I've learned a lot over the last three weeks. I've learned the hours of day I'm most productive, which coffee shops have chairs I can stand to sit in while I work (a more limiting factor than you'd think), how to coordinate four schedules (mine, my husbands, the baby's, and the baby sitter's). I've learned how I most like to read, how I most like to write (major outlining, figuring out all citations, inserting too many quotations, thinning it all out while filling in gaps, 48-hour break, proofreading), what music helps me focus (Gershwin, ambient, & The Decemberists). 

I've also learned that even with a five month old & a mess of a schedule--even while teaching, having a second job, & being home alone during bed time four nights a week--it is possible to write >3,000 words a week. That means I could draft a publication in a month. Easily. More than any theory, practical application, or framework, that has been the greatest take-away of this take-home process. It is possible to write. A few things made this possible.

I started taking Silvia's How to Write A Lot's suggestions seriously. To ruin the punchline, set a schedule, defend it fiercely, & log your progress. I'm not logging yet, but keeping a live feed of my writing process via Twitter helped me feel sane. It was mostly as a joke--which is how I treat Twitter, but it was good for my psyche. Mostly, though, scheduling helped. My husband & I share Google calendars. When we were putting our schedules together for the semester, I blocked in time that our daughter would go to the sitter's so that I could fully un-parent & go get writing done. I blocked off hours when I would be home, locked in a separate room while my husband parented until Madeline got hungry. I took it seriously. My Spark Planner--yes, I supported that Kickstarter & I love it--had me set a goal (I prefer mantra) for 2016. I put in, "YOU ARE A WRITER." It's time to use that word.

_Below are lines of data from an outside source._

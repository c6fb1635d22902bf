-- ===== src/Lib.antt =====
-- Home Platform: job submission, scheduling, leases, batch scripts, accounts, the worker and deployments
--
-- The platform runs jobs of several types on a small set of workers. A client submits a job or a
-- group of jobs through `JobService` (app/service.py), which validates it, draws identities and a
-- time, and stores it through `JobRepository` (app/repository.py), one SQLite transaction for each
-- method. A worker claims a queued job under a lease with a token and an expiry, keeps the lease by
-- heartbeats, and reports a result or a failure. Leases that expire are recovered: the job is queued
-- again, or fails once its attempts are used up or its cancellation was requested. The wire models
-- that all of them exchange are in contracts/models.py. On a worker, `run_once` executes the claimed
-- job under a lease keeper and reports. Who may call what is a matter of the accounts, their
-- sessions and the links to identities of other providers. Applications are deployed by operations
-- that an administrator requests and a host installer carries out: a rehearsal, a deployment, a
-- rollback, a recovery or a retirement, of which an application has one at a time.
--
-- Files and sources
--
-- - Prelude: the library names the other modules use, Boolean tests and optional columns
--   (Prelude/Tests), search, filters, updates and sorting of lists (Prelude/Lists), lemmas on a
--   table under an update (Prelude/Tables), sorted lists (Prelude/Sorted).
-- - Models: contracts/models.py. Enumerations (Models/Enums), the parameters and the results of
--   each job type (Models/Parameters), the records of requests and replies (Models/Records), the
--   equality of parameters that Pydantic gives (Models/Equality), the validators of numbers and of
--   joined fields (Models/Validation), and those of the texts of a batch job (Models/TextFields).
-- - Repository: app/repository.py, with the tables of app/migrations.py (Repository/Tables) and the
--   origin of app/app_origin.py. `_recover_expired` is Repository/Recovery, `_preferred_worker_id`
--   Repository/Schedule, `_upsert_worker` and the worker switches Repository/Workers, `claim`
--   Repository/Claim, `heartbeat`, `cancel` and `_finish` with `complete` and `fail`
--   Repository/Lease, the reads of jobs and groups Repository/Groups, `add` and `add_group`
--   Repository/Submit. Repository/Rows and Repository/Consistency say when tables are consistent,
--   Repository/History runs the methods one after another.
-- - Service: app/service.py, every method of `JobService`. Service/Replies has its errors, Service/Calls
--   runs calls one after another.
-- - Paths: portable_relative_path of contracts/models.py, and where such a path leads
--   (Paths/Contained).
-- - Batch: app/batch_script.py. `validate_project_archive` is in Batch, the loop of
--   `parse_batch_script` in Batch/Script, `_parse_array` and the end of `compile_batch_submission` in
--   Batch/Array, `_parse_time_limit` in Batch/TimeLimit; `str` and `int` on numbers are Batch/Decimal
--   and Batch/Integers.
-- - Accounts: app/accounts.py, over the tables users, external_identities and uploads (Accounts/Tables):
--   passwords (Accounts/Passwords), external identities (Accounts/Identities), uploads
--   (Accounts/Uploads) and signed sessions (Accounts/Sessions). Accounts/Authority is
--   app/dashboard_auth.py.
-- - Worker: worker/main.py and worker/data_plane.py. The eviction of cached inputs (Worker/Cache), the
--   lease keeper (Worker/Keeper), publication, report and pauses (Worker/Reports), the directories
--   of runs and outputs (Worker/Workspace), and `run_once` (Worker/Run).
-- - Deployments: app/app_deployments.py over the documents of app/app_deployment_contracts.py
--   (Deployments/Contracts) and its tables (Deployments/Tables). What an operation binds is
--   Deployments/Approval, `read_authority` Deployments/Authority, `AppsService.request`
--   Deployments/Requests, the switch intent and the checks of a receipt Deployments/Reconcile, the
--   last transaction of `reconcile_operation` Deployments/Settle, `reconcile_operation` itself
--   Deployments/Reconciliation; `update_registration`, `propose_source_rename` and `reject` are in
--   Deployments/Registrations, `provision_legacy` and `restore_unaccepted_legacy` in
--   Deployments/Cutover, `previews_to_evict` in Deployments/Previews. Deployments/History runs the
--   transactions in any order.
-- - Tests: the theorems applied to small concrete states.
--
-- How the code is read
--
-- - A method of the job service is a function on the record `Database`, which holds one list of rows
--   for each table in insertion order. It returns the new tables with the method's answer. A
--   transaction that raises leaves the tables as they were, so an error is a value and the tables are
--   the old ones.
-- - An UPDATE is `update_where` with the condition of its WHERE and the assignments of its SET; an
--   INSERT appends, and is refused where a key or a unique index of the migrations conflicts.
-- - Times are microseconds as natural numbers: the texts that `isoformat` writes for UTC are compared
--   by the database in the order of the instants. Identities are natural numbers in the order of
--   their texts. A float of the models is the bit pattern of a positive double, whose order is that
--   of the numbers. JSON columns hold the decoded value, and worker metrics their text.
-- - A subtraction of times stops at 0, where the code would leave the years that Python represents.
-- - Every loop is a recursion on the list or the text that it walks. The digits of a number n are made
--   with n as fuel, which is enough since each step divides by ten.
-- - What the threads, the network and the disk do during one run of the worker is the argument
--   `Surroundings`: the heartbeats in their order, how the execution ended, the answers of the service.
--   Which directories shutil.rmtree fails to remove is the argument `Removals`. Retries are recursions
--   on the number of attempts left. Times of the cache are nanoseconds.
-- - A registration, a selection or a receipt of a deployment is a record whose texts and digests are
--   numbers; a chain of checks that may raise is a `do` block in `Checked`, and a transaction that
--   raises leaves the tables. The digest of a registration, the verification of a package
--   (app/app_publication.py) and the policy of a release are arguments.
-- - A stored password is the text that hash_password joins; hashlib.scrypt and the two functions of
--   base64 are parameters, as are str.isalnum and str.isalpha of one character.
-- - A path is the list of its code points. Whitespace and digits are those of ASCII. The lines of a
--   script come as `splitlines` and `strip` leave them, and shlex.split is a parameter.
--
-- Not modelled: foreign keys to users and installations, the regular expressions of text fields
-- outside a batch job, the rules on URLs, the checks of a script behind its loop over the lines,
-- connection handling, the execution of a job on the worker (downloads, archives, containers), its settings and metrics;
-- of the deployments the boot authority and the notes of a failed reconciliation; and the components
-- around these (HTTP routes, the registry of apps and their gateway, storage, command
-- line, operations).
pub mod Prelude
pub mod Models
pub mod Repository
pub mod Service
pub mod Paths
pub mod Batch
pub mod Accounts
pub mod Worker
pub mod Deployments
mod Tests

This is going to seem trivial, but I made sure I had loads of snacks available. Between breastfeeding, brain drain, & two jobs, I needed a lot of calories in little time. Snacks kept me going. Sure, some of them were crap--cookies, potato chips, frozen sweet potato fries. But some were good--cheese, almonds, granola bars, chips & salsa. Sometimes, they were all I could manage. Often, they were eaten while breastfeeding. That, though, was where I drew the line on multi-tasking.

I mono-tasked. School grading, e-mail, social media. None of these procrastionation-by-way-of-other-productive-tasks were allowed in my writing time. In those hours, I wrote. Did I do some swapping for hours when life required? YES. Because flexibility is far more productive than my old habit of falling apart when my hour-by-hour schedule didn't match the flow of my day. I was also more honest about what I could get done. Sometimes, the best you can do is erase anything remotely optional from the to-do list & triage.

Believe me, these are largely tips that go against my personality, but I'm learning. Which means you can, too. Because you are also a writer. The first step, it turns out, is using the word. Then, you'll start to earn it.

After a mental break & a massive reorganization of all my files, reading materials, & notes, I'll be back to share my new approach for my dissertation proposal this spring, three conference presentations, some upcoming research, & some good reads.